From the listing below, output only the lines starting at the line that has "abbrev pub at_or" and ending at the line that has "let sorted = sort_floats values in", exactly as they appear, ends included.

******

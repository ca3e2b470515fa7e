-- ===== src/Aggregator/Weights.antt =====
-- The weighted median and the rejection of outlying prices in src/aggregator/mod.rs. The counters of
-- fallbacks are passed as state.
use kaskad_nuntius.Prelude.{
  ℕ, ◌+◌, ◌-◌, ◌*◌, ◌/◌, ◌%◌, ◌^◌, Bool, true, List, [], ◌∷◌, map, Option, none, some, ltb, nat_beq,
  length, get_elem?, filter, count, sort_by, if◌then◌else◌,
}
use mathlib.Core.Option
use kaskad_nuntius.Float.{Float64, nought, sum}
use kaskad_nuntius.Aggregator.{PricePoint}

pub data WeightingMode : Type 0 where
  volume_weighted equal_fallback : WeightingMode

-- The multiple of the median volume at which a source's weight is capped.
abbrev pub volume_weight_cap_factor : ℕ
volume_weight_cap_factor = 5

-- Indexing of a slice that is long enough; elsewhere the source panics.
abbrev pub at_or : {A : Type 0} → A → Option A → A
at_or default none = default
at_or default (some a) = a

module _ {F : Type 0} ⦃f : Float64 F⦄ where
  unfoldable pub sort_floats : List F → List F
  sort_floats = sort_by f.lt

  unfoldable pub mean_of : Option F → Option F → Option F
  mean_of (some low) (some high) = some (f.div (f.add low high) (f.of_decimal 2 0))
  mean_of _ _ = none

  unfoldable pub median_sorted : List F → Option F
  median_sorted values =
      let sorted = sort_floats values in
      let n = length values in
      if nat_beq (n % 2) 0
      then mean_of (get_elem? sorted (n / 2 - 1)) (get_elem? sorted (n / 2))
      else get_elem? sorted (n / 2)

  unfoldable pub positive_volumes : List (PricePoint F) → List F
  positive_volumes prices = map (λ p. p.volume) (filter (λ p. f.lt nought p.volume) prices)

  unfoldable pub use_volume : List (PricePoint F) → Bool
  use_volume prices = ltb (length prices) (count (λ p. f.lt nought p.volume) prices * 2)

  unfoldable pub volume_cap : List (PricePoint F) → Option F
  volume_cap prices =
      if use_volume prices
      then Option.map (λ m. f.mul m (f.of_decimal volume_weight_cap_factor 0))
          (median_sorted (positive_volumes prices))
      else none

  unfoldable pub weight_of : Bool → Option F → PricePoint F → F
  weight_of true (some cap) p =
      if f.lt nought p.volume then f.fmin p.volume cap else f.of_decimal 1 0
  weight_of _ _ p = f.of_decimal 1 0

  unfoldable pub weighted : List (PricePoint F) → List (F × F)
  weighted prices =
      sort_by (λ a b. f.lt a.0 b.0)
        (map (λ p. (p.price, weight_of (use_volume prices) (volume_cap prices) p)) prices)

  -- The first price at which the weights so far reach half; the last price if none does.
  unfoldable pub pick : F → F → F → List (F × F) → F
  pick half cumulative last [] = last
  pick half cumulative last ((price, weight) ∷ rest) =
      let reached = f.add cumulative weight in
      let later = pick half reached price rest in if f.le half reached then price else later

  unfoldable pub mode_of : List (PricePoint F) → WeightingMode
  mode_of prices = if use_volume prices then volume_weighted else equal_fallback

  -- The median with its mode, and the count of fallbacks, a wrapping `u64`.
  unfoldable pub weighted_median : List (PricePoint F) → ℕ → Option (F × WeightingMode) × ℕ
  weighted_median [] fallbacks = (none, fallbacks)
  weighted_median (p ∷ []) fallbacks = (some (p.price, volume_weighted), fallbacks)
  weighted_median (p ∷ q ∷ rest) fallbacks =
      let prices = p ∷ q ∷ rest in
      let entries = weighted prices in
      let half = f.div (sum (map (λ e. e.1) entries)) (f.of_decimal 2 0) in
      (
        some (pick half nought p.price entries, mode_of prices),
        if use_volume prices then fallbacks else (fallbacks + 1) % 2 ^ 64,
      )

******

# [Answer space]
abbrev pub at_or : {A : Type 0} → A → Option A → A
at_or default none = default
at_or default (some a) = a

module _ {F : Type 0} ⦃f : Float64 F⦄ where
  unfoldable pub sort_floats : List F → List F
  sort_floats = sort_by f.lt

  unfoldable pub mean_of : Option F → Option F → Option F
  mean_of (some low) (some high) = some (f.div (f.add low high) (f.of_decimal 2 0))
  mean_of _ _ = none

  unfoldable pub median_sorted : List F → Option F
  median_sorted values =
      let sorted = sort_floats values in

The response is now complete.